**Saved data entries**
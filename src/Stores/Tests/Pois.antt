-- ===== src/Stores/Tests/Pois.antt =====
-- Runs of the POIs and of the suggested mappings of backend/poi_admin/stores on concrete rows.
use poi_hub.Base.{ℕ, String, ◌≡◌, refl, none, some, List, [], ◌∷◌, ◌++◌, ◌==◌, false, true}
use poi_hub.Base.Rows.{All, find, select}
use poi_hub.Base.Result.{Result, ok, err, ok_or}
use poi_hub.Base.Json.{Json, str, Fields, end, field}
use poi_hub.Connections.Model.{WeChatConnection}
use poi_hub.Connections.Ports.{terminal}
use poi_hub.Operations.Model.{Operation, queued}
use poi_hub.Operations.Errors.{Failure, gateway, other}
use poi_hub.Stores.Model.{
  is_active, Store, ServicePoi, Mapping, MatchCandidate, get_candidate, get_store, get_poi,
}
use poi_hub.Stores.Mappings.{confirm_candidate}
use poi_hub.Stores.Pois.{PoiResult, is_audit, sync_pois}
use poi_hub.Stores.Pois.Entries.{listing, relisted}
use poi_hub.Stores.Pois.Listing.{sync_pois-listing}
use poi_hub.Stores.Candidates.{CandidateScore, generate_candidates, list_candidates}
use poi_hub.Stores.Candidates.Open.{
  IsOpen, is_dismissed, generate_candidates-IsOpen, confirm_listed,
}
use poi_hub.Stores.Operations.{StoreDb, PoiGateway, delete, poi_for}
use poi_hub.Stores.Operations.Deletion.{delete_again}
use poi_hub.Stores.Tests.{store, poi, draw}

abbrev show : Json → String
show v = "value"

abbrev fold : String → String
fold s = s

abbrev checksum : PoiResult → String
checksum r = "checksum"

abbrev new_id : ℕ → String
new_id n = "new"

abbrev connection : WeChatConnection
connection = record {
  id = "c";
  tenant_id = "t";
  capability = "service_poi";
  mode = "live";
  mock_scenario = "success";
  status = "authorized";
  app_id = some "wx";
  merchant_id = none;
  encrypted_secrets = none;
  token_expires_at = none;
  permission_snapshot = none;
  last_health_check_at = none;
  last_error = none;
  created_at = 0;
}

abbrev remote : PoiResult
remote = record {
  poi_id = "e-2";
  name = "Shop";
  address = "Street";
  latitude = none;
  longitude = none;
  status = "active";
  raw = field "category" (str "food") end;
}

abbrev waiting : ServicePoi
waiting = record poi { id = "p-2"; external_poi_id = "audit:1" }

abbrev remotes : List PoiResult
remotes = remote ∷ []

abbrev mock : Result Failure (List PoiResult)
mock = err other

abbrev synced : List String × List ServicePoi
unfolding sync_pois
synced =
    ok_or
      (sync_pois checksum fold show new_id 50 "t" connection (some (ok remotes)) mock
        (poi ∷ waiting ∷ []))
      ([], [])

sync :
    sync_pois checksum fold show new_id 50 "t" connection
      (some (ok remotes))
      mock
      (poi ∷ waiting ∷ [])
    ≡ ok (synced.0, synced.1)
unfolding sync_pois
sync = refl

plain : is_audit "e-2" ≡ false
unfolding is_audit
plain = refl

sync_pois-listing_example :
    listing "t" "c" synced.1 "e-2"
    ≡ relisted checksum show 50 "e-2" remotes (listing "t" "c" (poi ∷ waiting ∷ []) "e-2")
sync_pois-listing_example =
    sync_pois-listing checksum fold show new_id 50 "t" connection remotes mock (poi ∷ waiting ∷ [])
      "e-2" synced.0 synced.1 plain sync

abbrev score : Store → ServicePoi → CandidateScore
score s p = record {
  total = 900000;
  name = 1000000;
  address = 0;
  distance = 0;
  distance_meters = none;
}

abbrev pair_id : String → String → String
pair_id s p = "x"

abbrev suggested : List MatchCandidate × List MatchCandidate
unfolding generate_candidates
suggested = generate_candidates score pair_id 60 "t" "c" [] (store ∷ []) (poi ∷ []) []

generate_candidates-IsOpen_example :
    All
      (IsOpen "t" "c" [])
      (generate_candidates score pair_id 60 "t" "c" [] (store ∷ []) (poi ∷ []) []).0
    × (select is_dismissed
          (generate_candidates score pair_id 60 "t" "c" [] (store ∷ []) (poi ∷ []) []).1
        ≡ select is_dismissed [])
generate_candidates-IsOpen_example =
    generate_candidates-IsOpen score pair_id 60 "t" "c" [] (store ∷ []) (poi ∷ []) []

abbrev suggestion : MatchCandidate
suggestion = record {
  id = "x";
  tenant_id = "t";
  connection_id = "c";
  store_id = "s";
  service_poi_id = "p";
  total_score = 900000;
  name_score = 1000000;
  address_score = 0;
  distance_score = 0;
  distance_meters = none;
  evidence = end;
  generated_at = 60;
  dismissed_at = none;
  dismissed_by_user_id = none;
}

shown :
    find (λ y. y.id == "x") (list_candidates "t" false (poi ∷ []) [] (suggestion ∷ []))
    ≡ some suggestion
unfolding list_candidates
shown = refl

confirm_listed_example :
    (m : Mapping) × (confirm_candidate draw
        (store ∷ [])
        (poi ∷ [])
        (suggestion ∷ [])
        "t"
        "x"
        "u"
        []
        []
      ≡ ok (m, [] ++ m ∷ []))
    × (m.tenant_id ≡ "t")
    × (m.store_id ≡ "s")
    × (m.service_poi_id ≡ "p")
    × (m.connection_id ≡ "c")
    × (is_active m.state ≡ true)
    × (m.confirmed_by_user_id ≡ "u")
unfolding get_candidate get_store get_poi
confirm_listed_example =
    confirm_listed draw (store ∷ []) (poi ∷ []) [] (suggestion ∷ []) "t" "x" "u" suggestion store
      poi shown refl refl refl

abbrev operation : Operation
operation = record {
  id = "o";
  tenant_id = "t";
  connection_id = some "c";
  command_type = "service_poi.delete";
  idempotency_key = "k";
  resource_ref = none;
  status = queued;
  attempt_count = 0;
  max_attempts = 8;
  payload = field "poi_id" (str "p") end;
  encrypted_payload = none;
  response_summary = none;
  error_code = none;
  error_message = none;
  worker_id = none;
  lease_expires_at = none;
  next_attempt_at = 0;
  created_at = 0;
  updated_at = 0;
  completed_at = none;
}

abbrev deleting : Result Failure Unit → PoiGateway
deleting answer = record {
  list_pois = err other;
  create_poi = λ d. err other;
  update_poi = λ i d. err other;
  delete_poi = λ i. answer;
  get_audit_status = λ i. err other;
}

abbrev missing : PoiGateway
missing = deleting (err (gateway (terminal "gone" "poi_not_found")))

abbrev connect : WeChatConnection → Result Failure PoiGateway
connect c = ok (deleting (ok tt))

abbrev connect_later : WeChatConnection → Result Failure PoiGateway
connect_later c = ok missing

abbrev stores : StoreDb
stores = record { stores = store ∷ []; pois = poi ∷ []; candidates = []; mappings = [] }

abbrev deleted : Fields × StoreDb
unfolding delete
deleted = ok_or (delete (connection ∷ []) connect 70 operation stores) (end, stores)

deletes : delete (connection ∷ []) connect 70 operation stores ≡ ok (deleted.0, deleted.1)
unfolding delete
deletes = refl

delete_again_example :
    (db : StoreDb) × (delete (connection ∷ []) connect_later 90 operation deleted.1
      ≡ ok (deleted.0, db))
    × (c : WeChatConnection) × (p : ServicePoi) × (poi_for operation c db ≡ ok p)
    × (p.remote_status ≡ "deleted")
delete_again_example =
    delete_again (connection ∷ []) connect connect_later 70 90 operation stores deleted.0 deleted.1
      missing "gone" deletes (λ c. refl) (λ i. refl)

**Work to complete**
Reading through the preceding records, tally each line that holds the word "PoiGateway" and give the tally by itself.

**Solution to this task**
5